Methods. An analysis for musculoskeletal involvement was carried out on 14 consecutive patients with brucellosis. The diagnosis was supported by the isolation of a Brucella sp. or a four-fold increase in serum anti-brucella antibodies.
Results. Seven patients were females and 7 males, ranging in age from 19 to 64 years (mean 31 years). Ten patients had one or more positive cultures and anti-brucella antibodies were high prevalent. Myalgias were the most common musculoskeletal manifestation (92%), followed by polyarthralgias (71%), lumbalgia (57%), peripheral arthritis (28%) and dorsalgia (21%). Bilateral sacroiliitis was less common.

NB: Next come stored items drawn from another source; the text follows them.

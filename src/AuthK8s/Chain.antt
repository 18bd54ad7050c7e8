-- ===== src/AuthK8s/Chain.antt =====
-- The hook of project/auth_k8s.c among the hooks of PostgreSQL: `_PG_init` and the call of the next
-- hook.
use otus_c.Common.{ℕ, ◌≡◌, ◌↔◌, refl, Bool, true, false, Option, none, some}
use otus_c.Common.{ap}
use otus_c.Common.{List, [], ◌∷◌, Text, Option-cases, inl, inr, if◌then◌else◌, arith}
use otus_c.AuthK8s.{
  Aton, Environment, PodList, Verdict, fatal, returned, auth_k8s_hook, empty_cache,
}
use otus_c.AuthK8s.{calls_next}
use otus_c.AuthK8s.Cidr.{IsAddress}
use otus_c.AuthK8s.Decision.{Admitted, hook-Admitted, Admitted-hook}

-- A hook for the authentication of clients.
pub data Hook : Type 0 where
  auth_k8s : Hook
  another : ℕ → Hook

-- PostgreSQL's variable, and the static one; none is NULL.
pub record Hooks : Type 0 where
  pub client_authentication_hook : Option Hook
  pub prev_client_auth_hook : Option Hook

-- `_PG_init`
pub pg_init : Hooks → Hooks
pg_init h = record {
  client_authentication_hook = some auth_k8s;
  prev_client_auth_hook = h.client_authentication_hook;
}

abbrev has : Option Hook → Bool
has none = false
has (some k) = true

-- The hook that `auth_k8s_hook` calls at its end, behind a verdict.
pub next_called : Hooks → Verdict → Option Hook
unfolding calls_next
next_called h v =
    if calls_next (has h.prev_client_auth_hook) v then h.prev_client_auth_hook else none

next_called-cases :
    (h : Hooks) (v : Verdict) (k : Hook)
    → (next_called h v ≡ some k) ↔ ((h.prev_client_auth_hook ≡ some k) × (v ≡ returned true))
unfolding next_called calls_next
next_called-cases h (fatal r) k =
    (λ e. absurd (ground (arith, e)), λ p. absurd (ground (arith, p.1)))
next_called-cases h (returned false) k =
    (λ e. absurd (ground (arith, e)), λ p. absurd (ground (arith, p.1)))
next_called-cases h (returned true) k = elim (Option-cases h.prev_client_auth_hook) [
  | inl n ↦ rw (n) (λ e. absurd (ground (arith, e)), λ p. absurd (ground (arith, p.0)))
  | inr (j, s) ↦ rw (s) (λ e. (e, refl), λ p. p.0)
]

abbrev pub to_list : Option Hook → List Hook
to_list none = []
to_list (some k) = k ∷ []

-- The hooks that are called for a connection: PostgreSQL calls the one of its variable, if there is
-- one, and `auth_k8s_hook` the next, behind its verdict. What other hooks call is not followed.
pub hooks_called : Hooks → Verdict → List Hook
unfolding next_called
hooks_called h v = elim h.client_authentication_hook [
  | none ↦ []
  | some auth_k8s ↦ auth_k8s ∷ to_list (next_called h v)
  | some (another n) ↦ another n ∷ []
]

to_list_one : (o : Option Hook) (k : Hook) → (to_list o ≡ k ∷ []) ↔ (o ≡ some k)
to_list_one none k = (λ e. absurd (ground (arith, e)), λ e. absurd (ground (arith, e)))
to_list_one (some j) k = (λ e. let p : j ≡ k = cc in ap some p, λ e. ap to_list e)

-- Behind `_PG_init`, PostgreSQL's first connection calls `auth_k8s_hook`, whatever hook was installed
-- before; a remote host is authorized exactly if it is admitted, and exactly for such a host the hook
-- that was installed before is called next. `inet_aton` is taken to give 32-bit addresses.
pub pg_init-Admitted :
    (inet_aton : Aton) (env : Environment) (before : Hooks) (h : ℕ) (hs : Text) (list : PodList)
    (k : Hook)
    → IsAddress inet_aton
    → let v = (auth_k8s_hook inet_aton env empty_cache (some (h ∷ hs)) list).0 in
      ((v ≡ returned true) ↔ Admitted inet_aton env (h ∷ hs) list)
      × ((rest : List Hook) × (hooks_called (pg_init before) v ≡ auth_k8s ∷ rest)
          × ((rest ≡ k ∷ []) ↔ (
              (before.client_authentication_hook ≡ some k) × Admitted inet_aton env (h ∷ hs) list)))
unfolding pg_init hooks_called
pg_init-Admitted inet_aton env before h hs list k sound =
    let v = (auth_k8s_hook inet_aton env empty_cache (some (h ∷ hs)) list).0 in
    let there = hook-Admitted inet_aton sound env h hs list in
    let back = Admitted-hook inet_aton sound env h hs list in
    let next = next_called (pg_init before) v in
    let c = next_called-cases (pg_init before) v k in
    let l = to_list_one next k in
    (
      (there, back),
      (
        to_list next,
        refl,
        (λ e. let (p, r) = c.0 (l.0 e) in (p, there r), λ p. l.1 (c.1 (p.0, back p.1))),
      ),
    )
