-- ===== src/AuthK8s/Tests.antt =====
-- The hook of project/auth_k8s.c on a small cluster, and its theorems there.
use otus_c.Common.{◌≡◌, refl, true, none, some, [], ◌∷◌, arith}
use otus_c.Common.{text, str_eq, if◌then◌else◌}
use otus_c.AuthK8s.{Aton, CidrConfig, parse_cidr, Pod, PodList, listed, no_list}
use otus_c.AuthK8s.{Environment, empty_cache, returned, fatal, no_annotation, rbac_error}
use otus_c.AuthK8s.{outside_cidr, auth_k8s_hook, is_ip_in_cidr}
use otus_c.AuthK8s.Cidr.{IsAddress, Describes, parse_cidr-Describes}
use otus_c.AuthK8s.Decision.{Admitted, hook-Admitted}
use otus_c.AuthK8s.Chain.{Hook, auth_k8s, hooks_called, Hooks, another, pg_init, pg_init-Admitted}
use otus_c.Common.{◌↔◌, List}

-- Three addresses are enough here.
abbrev aton : Aton
aton t =
    if str_eq t (text "10.1.0.0")
    then some 0x0A010000
    else if str_eq t (text "10.1.2.3")
    then some 0x0A010203
    else if str_eq t (text "10.2.0.1")
    then some 0x0A020001
    else none

aton-IsAddress : IsAddress aton
aton-IsAddress t a e = ground arith

abbrev env : Environment
env = record { inst = some (text "db1"); cidr = some (text "10.1.0.0/16"); incluster = true }

abbrev allowed : Pod
allowed = record {
  pod_ip = some (text "10.1.2.3");
  metadata = some (record {
    name = some (text "app");
    annotations = some (
        record {
          key = some (text "otus.project.postgres.instance/db1");
          value = some (text "true");
        }
        ∷ []);
  });
}

abbrev config : CidrConfig
config = record { network = 0x0000010A; mask = 0x0000FFFF; valid = true }

abbrev pods : PodList
pods = listed (some (allowed ∷ []))

parses : parse_cidr aton (text "10.1.0.0/16") ≡ some (text "10.1.0.0", config)
unfolding parse_cidr
parses = refl

lets_in : (auth_k8s_hook aton env empty_cache (some (text "10.1.2.3")) pods).0 ≡ returned true
unfolding auth_k8s_hook
lets_in = refl

keeps_out :
    ((auth_k8s_hook aton env empty_cache (some (text "10.2.0.1")) pods).0 ≡ fatal outside_cidr)
    × ((auth_k8s_hook aton env empty_cache (some (text "10.1.2.3")) (listed (some []))).0
        ≡ fatal no_annotation)
    × ((auth_k8s_hook aton env empty_cache (some (text "10.1.2.3")) (no_list 403)).0
        ≡ fatal rbac_error)
unfolding auth_k8s_hook
keeps_out = (refl, refl, refl)

parse_cidr-Describes_example : Describes aton (text "10.1.0.0/16") (text "10.1.0.0") config
parse_cidr-Describes_example =
    parse_cidr-Describes aton (text "10.1.0.0/16") (text "10.1.0.0") config aton-IsAddress parses

hook-Admitted_example : Admitted aton env (text "10.1.2.3") pods
hook-Admitted_example = hook-Admitted aton aton-IsAddress env b'1' (text "0.1.2.3") pods lets_in

abbrev before : Hooks
before = record { client_authentication_hook = some (another 3); prev_client_auth_hook = none }

pg_init-Admitted_example :
    let v = (auth_k8s_hook aton env empty_cache (some (text "10.1.2.3")) pods).0 in
    ((v ≡ returned true) ↔ Admitted aton env (text "10.1.2.3") pods)
    × ((rest : List Hook) × (hooks_called (pg_init before) v ≡ auth_k8s ∷ rest)
        × ((rest ≡ another 3 ∷ []) ↔ (
            (before.client_authentication_hook ≡ some (another 3))
            × Admitted aton env (text "10.1.2.3") pods)))
pg_init-Admitted_example =
    pg_init-Admitted aton env before b'1' (text "0.1.2.3") pods (another 3) aton-IsAddress

in_network : is_ip_in_cidr aton (text "10.1.2.3") config ≡ true
unfolding is_ip_in_cidr
in_network = refl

In three patients with lumbalgia, the computerized tomography images were compatible with herniated intervertebral disk.
Conclusion. In this series the musculoskeletal involvement had a high prevalence. Muscle and joint pain were the main forms of clinical presentation. Peripheral arthritis and the axial involvement seem to have complications associate with functional disability. We suggest that, when in an endemic area, brucellosis had to be considered into diagnosis possibilities for musculoskeletal symptoms, even if manifestations include lumbalgia plus sciatica. In addition, surgical remotion of intervertebral disk should be delayed and reconsidered once 6 weeks of antimicrobial therapy active against brucella had been accomplished.